14. Default of pleadings. (O. 72 r. 14)
(1) Order 19 shall not apply in relation to a probate action.
(2) Where any party to a probate action fails to serve on any other party a pleading which he is required by these rules to serve on that other party, then, unless the Court orders the action to be discontinued, that other party may, after the expiration of the period fixed by or under these rules for service of the pleading in question, apply to the Court for leave to set down the action for trial.
15. Discontinuance. (O. 72 r. 14)
(1) Order 21 shall not apply in relation to a probate action.
(2) At any stage of the proceedings in a probate action the Court may, on the application of the plaintiff or of any party to the action who has entered an appearance therein, order the action to be discontinued on such terms as to costs or otherwise as it thinks just, and may further order that a grant of probate of the will, or letters of administration of the estate, of the deceased person, as the case may be, which is the subject of the action be made to the person entitled thereto.
(3) An application for an order under this rule may be made by summons or by notice under Order 25, rule 7.
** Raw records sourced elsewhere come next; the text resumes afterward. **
-- ===== src/Grants/Command.antt =====
-- The console command of a grant (shop-grants.ts), and `String(n)` of a whole number.
pub mod Safety
use mastermind_minecraft_ser.Prelude.{
  ℕ, zero, suc, ◌+◌, ◌/◌, ◌%◌, Bool, true, false, ◌&&◌, ◌||◌, not, Text, codes, trim, Option, none,
  some, List, [], ◌∷◌, ◌++◌, all, length, ltb, leb, ◌==◌, if◌then◌else◌,
}
use mastermind_minecraft_ser.Json.{Value, null, string}
use mastermind_minecraft_ser.Grants.Items.{
  Runtime, is_letter, is_digit, is_all, parse_grant_item_name, parse_grant_quantity,
}

-- digits of `n`, before those in `acc`; each round divides by ten
unfoldable pub decimal_digits : ℕ → ℕ → Text → Text
decimal_digits zero n acc = acc
decimal_digits (suc fuel) n acc =
    let digit = b'0' + n % 10 in
    let rest = decimal_digits fuel (n / 10) (digit ∷ acc) in if ltb n 10 then digit ∷ acc else rest

unfoldable pub decimal : ℕ → Text
unfolding decimal_digits
decimal n = decimal_digits (suc n) n []

-- `String(value || '').trim()`
unfoldable pub trimmed : Option Text → Text
unfolding trim
trimmed none = []
trimmed (some t) = trim t

unfoldable pub is_player_char : ℕ → Bool
unfolding is_letter is_digit
is_player_char c = is_letter c || is_digit c || c == b'_'

unfoldable pub is_uuid_char : ℕ → Bool
unfolding is_digit
is_uuid_char c = is_digit c || (leb b'a' c && leb c b'f') || (leb b'A' c && leb c b'F') || c == b'-'

unfoldable pub is_player_name : Text → Bool
unfolding is_player_char
is_player_name t = leb 1 (length t) && leb (length t) 16 && all is_player_char t

unfoldable pub is_uuid : Text → Bool
unfolding is_uuid_char
is_uuid t = leb 32 (length t) && leb (length t) 36 && all is_uuid_char t

unfoldable pub grant_player_target : Option Text → Option Text → Option Text
unfolding trimmed is_player_name is_uuid is_all
grant_player_target player_name uuid =
    let name = trimmed player_name in
    let id = trimmed uuid in
    if is_player_name name && not (is_all name)
    then some name
    else if is_uuid id
    then some id
    else none

-- `give ${target} ${item} ${count}`
unfoldable pub give : Text → Text → ℕ → Text
unfolding decimal
give target item count = codes "give " ++ (target ++ (b' ' ∷ (item ++ (b' ' ∷ decimal count))))

unfoldable pub complete : Option Text → Option Text → Option ℕ → Option Text
unfolding give
complete (some target) (some item) (some count) = some (give target item count)
complete _ _ _ = none

unfoldable pub build_give_command :
    Runtime → Option Text → Value → Value → Option Text → Option Text
unfolding complete grant_player_target parse_grant_item_name parse_grant_quantity
build_give_command js player_name item_name amount uuid =
    complete (grant_player_target player_name uuid) (parse_grant_item_name item_name)
      (parse_grant_quantity js amount 1)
16. Compromise of action. (O. 72 r. 16)
Where whether before or after service of the defence in a probate action the parties to the action agree to a compromise, the action may, with the leave of the Court, be set down for trial.
17. Case for motion. (O. 72 r. 17)
(1) Where an application in a probate cause or matter is to be made to the Court by motion, the applicant must–
(a) not less than 7 clear days before the day on which the motion is to be heard, file a case for motion in the Registry, together with an affidavit verifying the statements of fact made in the case; and
(b) not less than 5 clear days before that day, serve a copy of the case and of every affidavit in support of the motion on any person entitled to be heard in opposition to the motion.
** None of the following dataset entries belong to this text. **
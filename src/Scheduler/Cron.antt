-- ===== src/Scheduler/Cron.antt =====
-- Cron expressions of five fields and their next run (cron-next.ts). The local calendar of the runtime
-- is a parameter. A month counts from 1, as in the expression; times are milliseconds.
pub mod Fields
pub mod Next
use mastermind_minecraft_ser.Prelude.{
  ℕ, zero, suc, ◌+◌, ◌*◌, ◌/◌, ◌-◌, Bool, true, false, ◌&&◌, ◌||◌, not, Text, codes, same, is_space,
  trim, split_commas, prepend, Option, none, some, List, [], ◌∷◌, ◌++◌, all, any, leb, ltb, ◌==◌,
  if◌then◌else◌,
}
use mastermind_minecraft_ser.Grants.Items.{is_digit}

-- What a `Date` shows in local time.
pub record Moment : Type 0 where
  pub minute : ℕ
  pub hour : ℕ
  pub day : ℕ
  pub month : ℕ
  pub weekday : ℕ

-- the local fields of a time
pub record Calendar : Type 0 where
  pub moment : ℕ → Moment

-- `null` in the source: every value is allowed
pub data FieldSet : Type 0 where
  every : FieldSet
  only : List ℕ → FieldSet

-- the value of the digits that the text begins with, after those in `acc`
unfoldable pub leading_digits : ℕ → Text → ℕ
unfolding is_digit
leading_digits acc [] = acc
leading_digits acc (c ∷ cs) =
    let rest = leading_digits (acc * 10 + (c - b'0')) cs in if is_digit c then rest else acc

unfoldable pub unsigned : Text → Option ℕ
unfolding leading_digits is_digit
unsigned [] = none
unsigned (c ∷ cs) = if is_digit c then some (leading_digits 0 (c ∷ cs)) else none

-- -0 is 0; any other negative number is out of range and refused like NaN
unfoldable pub negated : Option ℕ → Option ℕ
negated (some zero) = some zero
negated _ = none

-- `parseInt(text, 10)`
unfoldable pub parse_int : Text → Option ℕ
unfolding unsigned negated
parse_int (c ∷ cs) =
    if c == b'-'
    then negated (unsigned cs)
    else if c == b'+'
    then unsigned cs
    else unsigned (c ∷ cs)
parse_int [] = none

unfoldable pub all_digits : Text → Option ℕ
unfolding is_digit leading_digits
all_digits [] = none
all_digits (c ∷ cs) = if all is_digit (c ∷ cs) then some (leading_digits 0 (c ∷ cs)) else none

-- `/^\*\/(\d+)$/`
unfoldable pub step_of : Text → Option ℕ
unfolding all_digits
step_of (a ∷ b ∷ cs) = if a == b'*' && b == b'/' then all_digits cs else none
step_of _ = none

-- `for (value = from; value <= max; value += amount)`, at most `fuel` rounds
unfoldable pub steps : ℕ → ℕ → ℕ → ℕ → List ℕ
steps zero value max amount = []
steps (suc fuel) value max amount = elim (leb value max) [
  | true ↦ value ∷ steps fuel (value + amount) max amount
  | false ↦ []
]

unfoldable pub in_range : ℕ → ℕ → Option ℕ → Option (List ℕ)
in_range min max none = none
in_range min max (some n) = if ltb n min || ltb max n then none else some (n ∷ [])

-- one part of a field, between the commas
unfoldable pub parse_part : ℕ → ℕ → Text → Option (List ℕ)
unfolding step_of steps in_range parse_int trim
parse_part min max s = elim (step_of s) [
  | some amount ↦
      if ltb amount 1 || ltb (max - min + 1) amount
      then none
      else some (steps (max - min + 1) min max amount)
  | none ↦ in_range min max (parse_int (trim s))
]

unfoldable pub both : Option (List ℕ) → Option (List ℕ) → Option (List ℕ)
both (some xs) (some ys) = some (xs ++ ys)
both _ _ = none

unfoldable pub parse_parts : ℕ → ℕ → List Text → Option (List ℕ)
unfolding both parse_part
parse_parts min max [] = some []
parse_parts min max (s ∷ ss) = both (parse_part min max s) (parse_parts min max ss)

unfoldable pub only_these : Option (List ℕ) → Option FieldSet
only_these none = none
only_these (some ns) = some (only ns)

-- none: the source throws
unfoldable pub parse_set : Text → ℕ → ℕ → Option FieldSet
unfolding only_these parse_parts split_commas same
parse_set str min max =
    if same str (codes "*") then some every else only_these (parse_parts min max (split_commas str))

unfoldable pub drop_empty : List Text → List Text
drop_empty ([] ∷ words) = words
drop_empty words = words

-- `split(/\s+/)` of a text without white space at its ends: a run of it ends one word
unfoldable pub words : Text → List Text
unfolding is_space prepend drop_empty
words [] = [] ∷ []
words (c ∷ s) = if is_space c then [] ∷ drop_empty (words s) else prepend c (words s)

pub record Cron : Type 0 where
  pub minutes : FieldSet
  pub hours : FieldSet
  pub days : FieldSet
  pub months : FieldSet
  pub weekdays : FieldSet

unfoldable pub make_cron :
    Option FieldSet
    → Option FieldSet
    → Option FieldSet
    → Option FieldSet
    → Option FieldSet
    → Option Cron
make_cron (some m) (some h) (some d) (some mo) (some w) =
    some (record { minutes = m; hours = h; days = d; months = mo; weekdays = w })
make_cron _ _ _ _ _ = none

unfoldable pub parse_fields : List Text → Option Cron
unfolding make_cron parse_set
parse_fields (m ∷ h ∷ d ∷ mo ∷ w ∷ []) =
    make_cron (parse_set m 0 59) (parse_set h 0 23) (parse_set d 1 31) (parse_set mo 1 12)
      (parse_set w 0 6)
parse_fields _ = none

unfoldable pub parse_cron : Text → Option Cron
unfolding parse_fields words trim
parse_cron expression = parse_fields (words (trim expression))

abbrev pub has : FieldSet → ℕ → Bool
has every n = true
has (only ns) n = any (λ m. m == n) ns

unfoldable pub is_due : Cron → Moment → Bool
is_due c t =
    has c.months t.month
    && has c.days t.day
    && has c.weekdays t.weekday
    && has c.hours t.hour
    && has c.minutes t.minute

abbrev pub minute_ms : ℕ
minute_ms = 60000

-- `setSeconds(0, 0)` and one minute more, where local time is whole minutes away from UTC
abbrev pub next_minute : ℕ → ℕ
next_minute from = from / minute_ms * minute_ms + minute_ms

abbrev pub max_iter : ℕ
max_iter = 366 * 24 * 60

-- the loop over the minutes
unfoldable pub find_run : Calendar → Cron → ℕ → ℕ → Option ℕ
unfolding is_due
find_run cal c zero t = none
find_run cal c (suc fuel) t = elim (is_due c (cal.moment t)) [
  | true ↦ some t
  | false ↦ find_run cal c fuel (t + minute_ms)
]

unfoldable pub get_next_cron_run : Calendar → Text → ℕ → Option ℕ
unfolding parse_cron find_run
get_next_cron_run cal expression from = elim (parse_cron expression) [
  | none ↦ none
  | some c ↦ find_run cal c max_iter (next_minute from)
]

-- Where the date goes: it stays, or moves to the given hour and minute of its day or of the next.
pub data Clamped : Type 0 where
  as_is : Clamped
  today tomorrow : ℕ → ℕ → Clamped

-- A window's end that is not given is none; hours and minutes are the numbers read from "HH:mm".
unfoldable pub clamp_to_execution_window : ℕ → ℕ → Option (ℕ × ℕ) → Option (ℕ × ℕ) → Clamped
clamp_to_execution_window h m none e = as_is
clamp_to_execution_window h m (some s) none = as_is
clamp_to_execution_window h m (some (sh, sm)) (some (eh, em)) =
    let start_mins = sh * 60 + sm in
    let end_mins = eh * 60 + em in
    let now_mins = h * 60 + m in
    if leb start_mins end_mins && leb start_mins now_mins && leb now_mins end_mins
    then as_is
    else if leb start_mins end_mins && ltb now_mins start_mins
    then today sh sm
    else tomorrow sh sm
(2) A case for motion must–
(a) set out the proceedings already had in the cause or matter with the dates thereof;
(b) set out the relevant facts in a summary form; and
(c) state the relief or remedy sought by the motion.
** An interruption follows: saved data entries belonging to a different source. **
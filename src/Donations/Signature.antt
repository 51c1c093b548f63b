-- ===== src/Donations/Signature.antt =====
-- The signature of a Stripe webhook (donations.stripe.ts). The time is in seconds.
pub mod Hex
pub mod Digits
pub mod Verified
pub mod Secrets
mod Examples
use mastermind_minecraft_ser.Prelude.{
  ℕ, zero, suc, ◌+◌, ◌-◌, ◌*◌, Bool, true, false, ◌&&◌, ◌||◌, not, Text, codes, trim, same,
  split_on, split_commas, contains_ci, Option, none, some, List, [], ◌∷◌, ◌++◌, map, filter, all,
  any, length, leb, ◌==◌, if◌then◌else◌,
}
use mastermind_minecraft_ser.Json.{Value, string, object, array, end, get}
use mastermind_minecraft_ser.Grants.Items.{Runtime, is_digit}
use mastermind_minecraft_ser.Grants.Command.{decimal, trimmed}
use mastermind_minecraft_ser.Scheduler.Cron.{leading_digits}

-- HMAC-SHA256 of a text under a secret, in hexadecimal
abbrev pub Hmac : Type 0
Hmac = Text → Text → Text

abbrev pub signature_tolerance_sec : ℕ
signature_tolerance_sec = 300

-- the empty text stands for a secret that is not set
unfoldable pub non_default_secret : Option Text → Text
unfolding trimmed same contains_ci
non_default_secret value =
    let secret = trimmed value in
    if same secret [] || contains_ci (codes "change-me") secret then [] else secret

-- `${timestamp}.${payload}`
abbrev pub signed_text : Text → Text → Text
signed_text timestamp payload = timestamp ++ (b'.' ∷ payload)

unfoldable pub generate_test_header_string : Hmac → Text → Text → ℕ → Text
unfolding decimal
generate_test_header_string hmac payload secret timestamp =
    codes "t="
    ++ (decimal timestamp
        ++ (b',' ∷ (codes "v1=" ++ hmac secret (signed_text (decimal timestamp) payload))))

pub record Header : Type 0 where
  pub timestamp : Text
  pub signatures : List Text

-- `[key, value]` of `split('=', 2)`: a part without `=` has no value
unfoldable pub with_value : Text → Option Text → Header → Header
unfolding same
with_value key none h = if same key (codes "t") then record h { timestamp = [] } else h
with_value key (some value) h =
    if same key (codes "t")
    then record h { timestamp = value }
    else if same key (codes "v1") && not (same value [])
    then record h { signatures = h.signatures ++ (value ∷ []) }
    else h

unfoldable pub read_pair : List Text → Header → Header
unfolding with_value
read_pair [] h = h
read_pair (key ∷ []) h = with_value key none h
read_pair (key ∷ value ∷ more) h = with_value key (some value) h

unfoldable pub read_parts : List Text → Header → Header
unfolding read_pair split_on trim
read_parts [] h = h
read_parts (part ∷ parts) h = read_parts parts (read_pair (split_on b'=' (trim part)) h)

unfoldable pub read_header : Text → Header
unfolding read_parts split_commas
read_header header = read_parts (split_commas header) (record { timestamp = []; signatures = [] })

unfoldable pub hex_value : ℕ → Option ℕ
unfolding is_digit
hex_value c =
    if is_digit c
    then some (c - b'0')
    else if leb b'a' c && leb c b'f'
    then some (c - b'a' + 10)
    else if leb b'A' c && leb c b'F'
    then some (c - b'A' + 10)
    else none

unfoldable pub hex_byte : Option ℕ → Option ℕ → Option ℕ
hex_byte (some a) (some b) = some (a * 16 + b)
hex_byte _ _ = none

-- `Buffer.from(s, 'hex')`, which stops at the first pair that is not hexadecimal
unfoldable pub from_hex : Text → List ℕ
unfolding hex_byte hex_value
from_hex [] = []
from_hex (a ∷ []) = []
from_hex (a ∷ b ∷ rest) =
    let bytes = from_hex rest in
    elim (hex_byte (hex_value a) (hex_value b)) [ none ↦ [] | some byte ↦ byte ∷ bytes ]

unfoldable pub safe_equal_hex : Text → Text → Bool
unfolding from_hex same
safe_equal_hex left right =
    let a = from_hex left in
    let b = from_hex right in
    if length a == 0 || not (length a == length b) then false else same a b

-- `/^\d+$/`
unfoldable pub is_decimal : Text → Bool
unfolding is_digit
is_decimal [] = false
is_decimal (c ∷ t) = all is_digit (c ∷ t)

-- `Math.abs(a - b)`
unfoldable pub distance : ℕ → ℕ → ℕ
distance a b = if leb b a then a - b else b - a

unfoldable pub verify_stripe_signature : Hmac → Text → Text → Text → ℕ → Bool
unfolding read_header is_decimal distance leading_digits safe_equal_hex
verify_stripe_signature hmac payload header secret now =
    let h = read_header header in
    if not (is_decimal h.timestamp) || length h.signatures == 0
    then false
    else if not (leb (distance now (leading_digits 0 h.timestamp)) signature_tolerance_sec)
    then false
    else any (λ s. safe_equal_hex s (hmac secret (signed_text h.timestamp payload))) h.signatures

-- An event, or the code of the error.
pub data StripeEvent : Type 0 where
  event : Text → Value → StripeEvent
  unconfigured bad_signature : StripeEvent

-- `event.data.object` where it is an object or an array, and `{}` otherwise
unfoldable pub payload_object : Value → Value
payload_object (object fs) = elim (get fs "object") [
  | object gs ↦ object gs
  | array xs ↦ array xs
  | _ ↦ object end
]
payload_object _ = object end

unfoldable pub typed_event : Value → Value → StripeEvent
unfolding payload_object
typed_event (string type) payload = event type (payload_object payload)
typed_event _ payload = bad_signature

unfoldable pub event_of : Option Value → StripeEvent
unfolding typed_event
event_of (some (object fs)) = typed_event (get fs "type") (get fs "data")
event_of _ = bad_signature

unfoldable pub construct_stripe_event : Runtime → Hmac → Text → Option Text → Text → ℕ → StripeEvent
unfolding event_of verify_stripe_signature trimmed same
construct_stripe_event js hmac payload none secret now =
    if same secret [] then unconfigured else bad_signature
construct_stripe_event js hmac payload (some signature) secret now =
    if same secret []
    then unconfigured
    else if same (trim signature) []
    then bad_signature
    else if not (verify_stripe_signature hmac payload signature secret now)
    then bad_signature
    else event_of (js.json_parse payload)

-- `new Set(...)`, in the order of the first occurrences
unfoldable pub distinct : List Text → List Text
unfolding same filter
distinct [] = []
distinct (s ∷ ss) = s ∷ filter (λ t. not (same s t)) (distinct ss)

abbrev pub is_filled : Text → Bool
is_filled t = not (same t [])

unfoldable pub unique_secrets : List Text → List Text
unfolding distinct filter
unique_secrets secrets = distinct (filter is_filled (map trim secrets))

-- the next secret is tried when the signature is bad
unfoldable pub first_event : Runtime → Hmac → Text → Option Text → List Text → ℕ → StripeEvent
unfolding construct_stripe_event
first_event js hmac payload signature [] now = bad_signature
first_event js hmac payload signature (s ∷ ss) now =
    let rest = first_event js hmac payload signature ss now in
    elim (construct_stripe_event js hmac payload signature s now) [
      | event type o ↦ event type o
      | unconfigured ↦ unconfigured
      | bad_signature ↦ rest
    ]

unfoldable pub construct_stripe_event_with_secrets :
    Runtime → Hmac → Text → Option Text → List Text → ℕ → StripeEvent
unfolding first_event unique_secrets
construct_stripe_event_with_secrets js hmac payload signature secrets now =
    elim (unique_secrets secrets) [
      | [] ↦ unconfigured
      | s ∷ ss ↦ first_event js hmac payload signature (s ∷ ss) now
    ]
18. Application to Court by summons. (O. 72 r. 18)
Except where these rules otherwise provide, any application to the Court in a probate cause of matter may be made by summons.
19. Form of judgments and orders. (O. 72 r. 19)
(1) Every judgment of the Court in a probate cause or matter shall be signed by the Registrar.
(2) Every order made in such a cause or matter shall be entered by an officer of the Registry in a book for the purpose.
20. Administration Pendente Lite. (O. 72 r. 20)
(1) An application under section 19 of the Probate and Administration Act for the grant of administration may be made to the Registrar by petition.
(2) An administrator to whom a grant is made under the said section 19 must at the time when he begins proceedings for taxation of his costs, or at such other time as the Registrar may direct, produce at the Registry an account (verified by affidavit) of the moneys and other property received or paid or otherwise dealt with by him in his capacity as such an administrator.
(3) Unless the Court otherwise directs, the account shall referred to the Registrar for examination and Order 59, rules 21, 22 and 25 shall with the necessary modifications apply in relation to proceedings for the examination of the administrator’s costs.
(4) Except where the remuneration of the administrator has been fixed by a Judge, the Registrar shall, on the completion of the examination of the administrator’s account, and taxation of his costs, assess and provide for the administrator’s remuneration.